■ REQUIRED WORK:
Return every record verbatim.
-- SUPPLIED ENTRIES follows --
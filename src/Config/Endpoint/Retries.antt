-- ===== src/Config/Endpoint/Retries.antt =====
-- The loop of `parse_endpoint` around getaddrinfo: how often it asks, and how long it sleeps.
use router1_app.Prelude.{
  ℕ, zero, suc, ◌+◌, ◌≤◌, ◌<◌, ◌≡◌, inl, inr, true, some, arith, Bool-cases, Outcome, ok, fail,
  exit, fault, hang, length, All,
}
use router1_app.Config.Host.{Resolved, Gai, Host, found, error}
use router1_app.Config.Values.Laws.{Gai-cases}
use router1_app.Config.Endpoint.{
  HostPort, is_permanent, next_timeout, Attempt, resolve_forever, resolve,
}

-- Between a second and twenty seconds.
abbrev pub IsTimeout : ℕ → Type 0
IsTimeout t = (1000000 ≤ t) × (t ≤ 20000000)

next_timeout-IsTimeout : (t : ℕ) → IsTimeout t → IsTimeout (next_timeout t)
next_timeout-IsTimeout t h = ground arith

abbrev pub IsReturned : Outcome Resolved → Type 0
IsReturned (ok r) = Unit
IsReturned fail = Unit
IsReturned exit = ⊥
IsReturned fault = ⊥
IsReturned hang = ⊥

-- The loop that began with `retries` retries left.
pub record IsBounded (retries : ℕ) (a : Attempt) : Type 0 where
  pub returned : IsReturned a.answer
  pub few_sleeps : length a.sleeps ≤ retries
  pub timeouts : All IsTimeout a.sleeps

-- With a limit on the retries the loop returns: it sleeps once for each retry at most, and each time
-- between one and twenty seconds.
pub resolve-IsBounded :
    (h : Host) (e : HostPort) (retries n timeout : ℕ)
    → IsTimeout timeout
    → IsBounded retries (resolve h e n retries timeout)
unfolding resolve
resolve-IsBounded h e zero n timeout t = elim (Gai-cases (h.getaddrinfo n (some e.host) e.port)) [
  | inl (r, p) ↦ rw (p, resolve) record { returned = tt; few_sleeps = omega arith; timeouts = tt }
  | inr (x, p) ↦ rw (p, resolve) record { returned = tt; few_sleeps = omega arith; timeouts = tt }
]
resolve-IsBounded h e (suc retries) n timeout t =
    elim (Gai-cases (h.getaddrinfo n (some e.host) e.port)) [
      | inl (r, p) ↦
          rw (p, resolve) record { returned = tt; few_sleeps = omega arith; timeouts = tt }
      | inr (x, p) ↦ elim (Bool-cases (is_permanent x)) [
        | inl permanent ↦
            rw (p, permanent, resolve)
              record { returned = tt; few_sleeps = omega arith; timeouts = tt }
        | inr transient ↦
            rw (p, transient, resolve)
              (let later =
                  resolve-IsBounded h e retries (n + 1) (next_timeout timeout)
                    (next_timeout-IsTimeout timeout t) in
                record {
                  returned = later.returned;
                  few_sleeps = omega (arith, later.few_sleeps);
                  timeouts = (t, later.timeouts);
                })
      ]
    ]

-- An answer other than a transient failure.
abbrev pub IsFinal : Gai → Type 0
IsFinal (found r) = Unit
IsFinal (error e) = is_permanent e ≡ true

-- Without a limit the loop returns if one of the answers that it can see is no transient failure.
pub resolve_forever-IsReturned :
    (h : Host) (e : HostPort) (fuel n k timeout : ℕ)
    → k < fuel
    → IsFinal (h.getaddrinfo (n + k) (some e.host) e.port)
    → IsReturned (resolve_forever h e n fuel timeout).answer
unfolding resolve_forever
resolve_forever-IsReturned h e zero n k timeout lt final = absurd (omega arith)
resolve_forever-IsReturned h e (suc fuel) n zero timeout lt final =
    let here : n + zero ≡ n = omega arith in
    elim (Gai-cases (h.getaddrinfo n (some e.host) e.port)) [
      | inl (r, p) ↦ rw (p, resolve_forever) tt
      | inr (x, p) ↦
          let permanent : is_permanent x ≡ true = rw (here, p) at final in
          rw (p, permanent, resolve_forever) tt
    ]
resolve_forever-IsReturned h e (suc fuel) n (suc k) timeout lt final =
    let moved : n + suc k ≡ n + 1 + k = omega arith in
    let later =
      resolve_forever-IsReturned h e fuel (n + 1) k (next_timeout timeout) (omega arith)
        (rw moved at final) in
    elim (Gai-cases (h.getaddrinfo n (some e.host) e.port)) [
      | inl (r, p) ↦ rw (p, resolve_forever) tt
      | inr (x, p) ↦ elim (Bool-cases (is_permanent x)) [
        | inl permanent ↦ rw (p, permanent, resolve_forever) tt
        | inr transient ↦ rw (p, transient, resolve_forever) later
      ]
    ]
-- SUPPLIED ENTRIES concluded --
■ SOLUTION:
filename src/Config/Endpoint/Retries.antt
-- ===== src/Config/Endpoint/Retries.antt =====
-- The loop of `parse_endpoint` around getaddrinfo: how often it asks, and how long it sleeps.
use router1_app.Prelude.{
  ℕ, zero, suc, ◌+◌, ◌≤◌, ◌<◌, ◌≡◌, inl, inr, true, some, arith, Bool-cases, Outcome, ok, fail,
  exit, fault, hang, length, All,
}
use router1_app.Config.Host.{Resolved, Gai, Host, found, error}
use router1_app.Config.Values.Laws.{Gai-cases}
use router1_app.Config.Endpoint.{
  HostPort, is_permanent, next_timeout, Attempt, resolve_forever, resolve,
}

-- Between a second and twenty seconds.
abbrev pub IsTimeout : ℕ → Type 0
IsTimeout t = (1000000 ≤ t) × (t ≤ 20000000)

next_timeout-IsTimeout : (t : ℕ) → IsTimeout t → IsTimeout (next_timeout t)
next_timeout-IsTimeout t h = ground arith

abbrev pub IsReturned : Outcome Resolved → Type 0
IsReturned (ok r) = Unit
IsReturned fail = Unit
IsReturned exit = ⊥
IsReturned fault = ⊥
IsReturned hang = ⊥

-- The loop that began with `retries` retries left.
pub record IsBounded (retries : ℕ) (a : Attempt) : Type 0 where
  pub returned : IsReturned a.answer
  pub few_sleeps : length a.sleeps ≤ retries
  pub timeouts : All IsTimeout a.sleeps

-- With a limit on the retries the loop returns: it sleeps once for each retry at most, and each time
-- between one and twenty seconds.
pub resolve-IsBounded :
    (h : Host) (e : HostPort) (retries n timeout : ℕ)
    → IsTimeout timeout
    → IsBounded retries (resolve h e n retries timeout)
unfolding resolve
resolve-IsBounded h e zero n timeout t = elim (Gai-cases (h.getaddrinfo n (some e.host) e.port)) [
  | inl (r, p) ↦ rw (p, resolve) record { returned = tt; few_sleeps = omega arith; timeouts = tt }
  | inr (x, p) ↦ rw (p, resolve) record { returned = tt; few_sleeps = omega arith; timeouts = tt }
]
resolve-IsBounded h e (suc retries) n timeout t =
    elim (Gai-cases (h.getaddrinfo n (some e.host) e.port)) [
      | inl (r, p) ↦
          rw (p, resolve) record { returned = tt; few_sleeps = omega arith; timeouts = tt }
      | inr (x, p) ↦ elim (Bool-cases (is_permanent x)) [
        | inl permanent ↦
            rw (p, permanent, resolve)
              record { returned = tt; few_sleeps = omega arith; timeouts = tt }
        | inr transient ↦
            rw (p, transient, resolve)
              (let later =
                  resolve-IsBounded h e retries (n + 1) (next_timeout timeout)
                    (next_timeout-IsTimeout timeout t) in
                record {
                  returned = later.returned;
                  few_sleeps = omega (arith, later.few_sleeps);
                  timeouts = (t, later.timeouts);
                })
      ]
    ]

-- An answer other than a transient failure.
abbrev pub IsFinal : Gai → Type 0
IsFinal (found r) = Unit
IsFinal (error e) = is_permanent e ≡ true

-- Without a limit the loop returns if one of the answers that it can see is no transient failure.
pub resolve_forever-IsReturned :
    (h : Host) (e : HostPort) (fuel n k timeout : ℕ)
    → k < fuel
    → IsFinal (h.getaddrinfo (n + k) (some e.host) e.port)
    → IsReturned (resolve_forever h e n fuel timeout).answer
unfolding resolve_forever
resolve_forever-IsReturned h e zero n k timeout lt final = absurd (omega arith)
resolve_forever-IsReturned h e (suc fuel) n zero timeout lt final =
    let here : n + zero ≡ n = omega arith in
    elim (Gai-cases (h.getaddrinfo n (some e.host) e.port)) [
      | inl (r, p) ↦ rw (p, resolve_forever) tt
      | inr (x, p) ↦
          let permanent : is_permanent x ≡ true = rw (here, p) at final in
          rw (p, permanent, resolve_forever) tt
    ]
resolve_forever-IsReturned h e (suc fuel) n (suc k) timeout lt final =
    let moved : n + suc k ≡ n + 1 + k = omega arith in
    let later =
      resolve_forever-IsReturned h e fuel (n + 1) k (next_timeout timeout) (omega arith)
        (rw moved at final) in
    elim (Gai-cases (h.getaddrinfo n (some e.host) e.port)) [
      | inl (r, p) ↦ rw (p, resolve_forever) tt
      | inr (x, p) ↦ elim (Bool-cases (is_permanent x)) [
        | inl permanent ↦ rw (p, permanent, resolve_forever) tt
        | inr transient ↦ rw (p, transient, resolve_forever) later
      ]
    ]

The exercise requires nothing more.